··· Input records ···

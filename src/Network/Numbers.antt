-- ===== src/Network/Numbers.antt =====
-- That a number stands for one packet.
use win_udpsharded_echo.Prelude.{
  ℕ, ◌<◌, ◌≤◌, ◌≡◌, refl, sym, ◌∙◌, ap, List, [], ◌∷◌, Bool, arith, length, u64_mod, Within, inl,
  inr,
}
use win_udpsharded_echo.Float.{Double}
use win_udpsharded_echo.Cc.{Controller}
use win_udpsharded_echo.SocketUtils.Packet.{PacketHeader, max_payload_size}
use win_udpsharded_echo.Server.Worker.{Worker}
use win_udpsharded_echo.Client.Worker.{Config, Client}
use win_udpsharded_echo.Client.Reach.{Note, answers}
use win_udpsharded_echo.Client.Sequences.{packets_of, packets_of-answers_at, Reached-Agrees}
use win_udpsharded_echo.Network.{Net, begun, checked, polled, reset, sends, gets, serves}
use win_udpsharded_echo.Network.Honest.{Net-Sound}

-- Numbered from 0 on, the last one first.
abbrev pub IsNumbered : List PacketHeader → Type 0
IsNumbered [] = Unit {0}
IsNumbered (p ∷ log) = (p.sequence_number ≡ length log) × IsNumbered log

IsNumbered-below :
    (p : PacketHeader) (log : List PacketHeader)
    → IsNumbered log
    → Within p log
    → p.sequence_number < length log
IsNumbered-below p [] n at = absurd at
IsNumbered-below p (q ∷ log) n (inl e) = omega (arith, n.0, ap (λ p. p.sequence_number) e)
IsNumbered-below p (q ∷ log) n (inr at) = omega (arith, IsNumbered-below p log n.1 at)

pub IsNumbered-unique :
    (p p' : PacketHeader) (log : List PacketHeader)
    → IsNumbered log
    → Within p log
    → Within p' log
    → p.sequence_number ≡ p'.sequence_number
    → p ≡ p'
IsNumbered-unique p p' [] n at at' h = absurd at
IsNumbered-unique p p' (q ∷ log) n (inl e) (inl e') h = e ∙ sym e'
IsNumbered-unique p p' (q ∷ log) n (inl e) (inr at') h =
    absurd (omega (arith, n.0, h, ap (λ p. p.sequence_number) e, IsNumbered-below p' log n.1 at'))
IsNumbered-unique p p' (q ∷ log) n (inr at) (inl e') h =
    absurd (omega (arith, n.0, h, ap (λ p. p.sequence_number) e', IsNumbered-below p log n.1 at))
IsNumbered-unique p p' (q ∷ log) n (inr at) (inr at') h = IsNumbered-unique p p' log n.1 at at' h

module _ {F C : Type 0} ⦃d : Double F⦄ (controller : Controller F C) (config : Config)
    (sync_reply : Bool) (is_mine : ℕ → Bool) (fits : config.payload_size ≤ max_payload_size) where
  pub Net-IsNumbered :
      {c : Client F C} {h : List Note} {log : List PacketHeader} {ws : ℕ → Worker}
      → Net controller config sync_reply is_mine c h log ws
      → packets_of h < u64_mod
      → (length log ≡ packets_of h) × IsNumbered log
  Net-IsNumbered (begun pacer outcomes contexts answers server_contexts f g) m = (refl, tt)
  Net-IsNumbered (checked now n) m = Net-IsNumbered n m
  Net-IsNumbered (polled now n) m = Net-IsNumbered n m
  Net-IsNumbered (reset now n) m = Net-IsNumbered n m
  Net-IsNumbered (sends t i rest n u a eq) m =
      let (len, num) = Net-IsNumbered n (omega arith) in
      let agrees =
        Reached-Agrees controller config
          (Net-Sound controller config sync_reply is_mine fits n).reached (omega arith) in
      (omega (arith, len), (agrees.next_eq ∙ sym len, num))
  Net-IsNumbered (gets e {c} {h = h} n due del comes eq) m =
      let kept = packets_of-answers_at controller config e e.overlapped c h in
      let (len, num) = Net-IsNumbered n (omega (arith, kept)) in (len ∙ sym kept, num)
  Net-IsNumbered (serves k e n due del copy eq) m = Net-IsNumbered n m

···

Each line that contains the string "Within" should be copied from the data above.

→ **Response**
  ℕ, ◌<◌, ◌≤◌, ◌≡◌, refl, sym, ◌∙◌, ap, List, [], ◌∷◌, Bool, arith, length, u64_mod, Within, inl,
    → Within p log
    → Within p log
    → Within p' log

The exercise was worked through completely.